Below are records; output all of them exactly.

---- ENTRIES PROVIDED

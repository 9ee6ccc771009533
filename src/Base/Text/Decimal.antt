-- ===== src/Base/Text/Decimal.antt =====
-- Decimal printing, and texts with a common beginning.
use Prim.Native.Nat.{ℕ, zero, suc, ◌+◌, ◌-◌, ◌*◌, ◌/◌, ◌%◌, ◌<◌}
use mathlib.Core.Path.{◌≡◌, refl, sym, ap, ◌∙◌}
use mathlib.Core.Logic.{inl, inr}
use mathlib.Core.List.{[], ◌∷◌, ◌++◌, append_cancel_left}
use native.Mathlib.Omega.{arith}
use quantalithos_bus.Base.Tests.{ltb, Bool-cases}
use quantalithos_bus.Base.Text.{Text, show_digits, show}

-- Reading a decimal numeral, digit by digit.
unfoldable pub value : ℕ → Text → ℕ
value acc [] = acc
value acc (c ∷ s) = value (acc * 10 + (c - 48)) s

value-snoc : (acc : ℕ) (s : Text) (c : ℕ) → value acc (s ++ c ∷ []) ≡ value acc s * 10 + (c - 48)
unfolding value
value-snoc acc [] c = refl
value-snoc acc (d ∷ s) c = value-snoc (acc * 10 + (d - 48)) s c

value-show_digits : (f n : ℕ) → n < f → value 0 (show_digits f n) ≡ n
unfolding show_digits value
value-show_digits zero n h = elim h [ ]
value-show_digits (suc f) n h = elim (Bool-cases (ltb n 10)) [
  | inl small ↦ rw small (ground arith)
  | inr big ↦
      rw (big, value-snoc 0 (show_digits f (n / 10)) (48 + n % 10))
        (let smaller : n / 10 < f = ground arith in
          omega (arith, value-show_digits f (n / 10) smaller))
]

-- What is printed reads back as the same number.
pub value-show : (n : ℕ) → value 0 (show n) ≡ n
unfolding show
value-show n = value-show_digits (suc n) n (omega arith)

pub show-injective : (m n : ℕ) → show m ≡ show n → m ≡ n
show-injective m n h = sym (value-show m) ∙ ap (value 0) h ∙ value-show n

-- Two texts with a common beginning.
pub cancel_prefix : (p s t : Text) → p ++ s ≡ p ++ t → s ≡ t
cancel_prefix p s t h = append_cancel_left p s t h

--------

§ ANSWER SPACE
repository 9ee6ccc771009533
filename src/Base/Text/Decimal.antt
-- ===== src/Base/Text/Decimal.antt =====
-- Decimal printing, and texts with a common beginning.
use Prim.Native.Nat.{ℕ, zero, suc, ◌+◌, ◌-◌, ◌*◌, ◌/◌, ◌%◌, ◌<◌}
use mathlib.Core.Path.{◌≡◌, refl, sym, ap, ◌∙◌}
use mathlib.Core.Logic.{inl, inr}
use mathlib.Core.List.{[], ◌∷◌, ◌++◌, append_cancel_left}
use native.Mathlib.Omega.{arith}
use quantalithos_bus.Base.Tests.{ltb, Bool-cases}
use quantalithos_bus.Base.Text.{Text, show_digits, show}

-- Reading a decimal numeral, digit by digit.
unfoldable pub value : ℕ → Text → ℕ
value acc [] = acc
value acc (c ∷ s) = value (acc * 10 + (c - 48)) s

value-snoc : (acc : ℕ) (s : Text) (c : ℕ) → value acc (s ++ c ∷ []) ≡ value acc s * 10 + (c - 48)
unfolding value
value-snoc acc [] c = refl
value-snoc acc (d ∷ s) c = value-snoc (acc * 10 + (d - 48)) s c

value-show_digits : (f n : ℕ) → n < f → value 0 (show_digits f n) ≡ n
unfolding show_digits value
value-show_digits zero n h = elim h [ ]
value-show_digits (suc f) n h = elim (Bool-cases (ltb n 10)) [
  | inl small ↦ rw small (ground arith)
  | inr big ↦
      rw (big, value-snoc 0 (show_digits f (n / 10)) (48 + n % 10))
        (let smaller : n / 10 < f = ground arith in
          omega (arith, value-show_digits f (n / 10) smaller))
]

-- What is printed reads back as the same number.
pub value-show : (n : ℕ) → value 0 (show n) ≡ n
unfolding show
value-show n = value-show_digits (suc n) n (omega arith)

pub show-injective : (m n : ℕ) → show m ≡ show n → m ≡ n
show-injective m n h = sym (value-show m) ∙ ap (value 0) h ∙ value-show n

-- Two texts with a common beginning.
pub cancel_prefix : (p s t : Text) → p ++ s ≡ p ++ t → s ≡ t
cancel_prefix p s t h = append_cancel_left p s t h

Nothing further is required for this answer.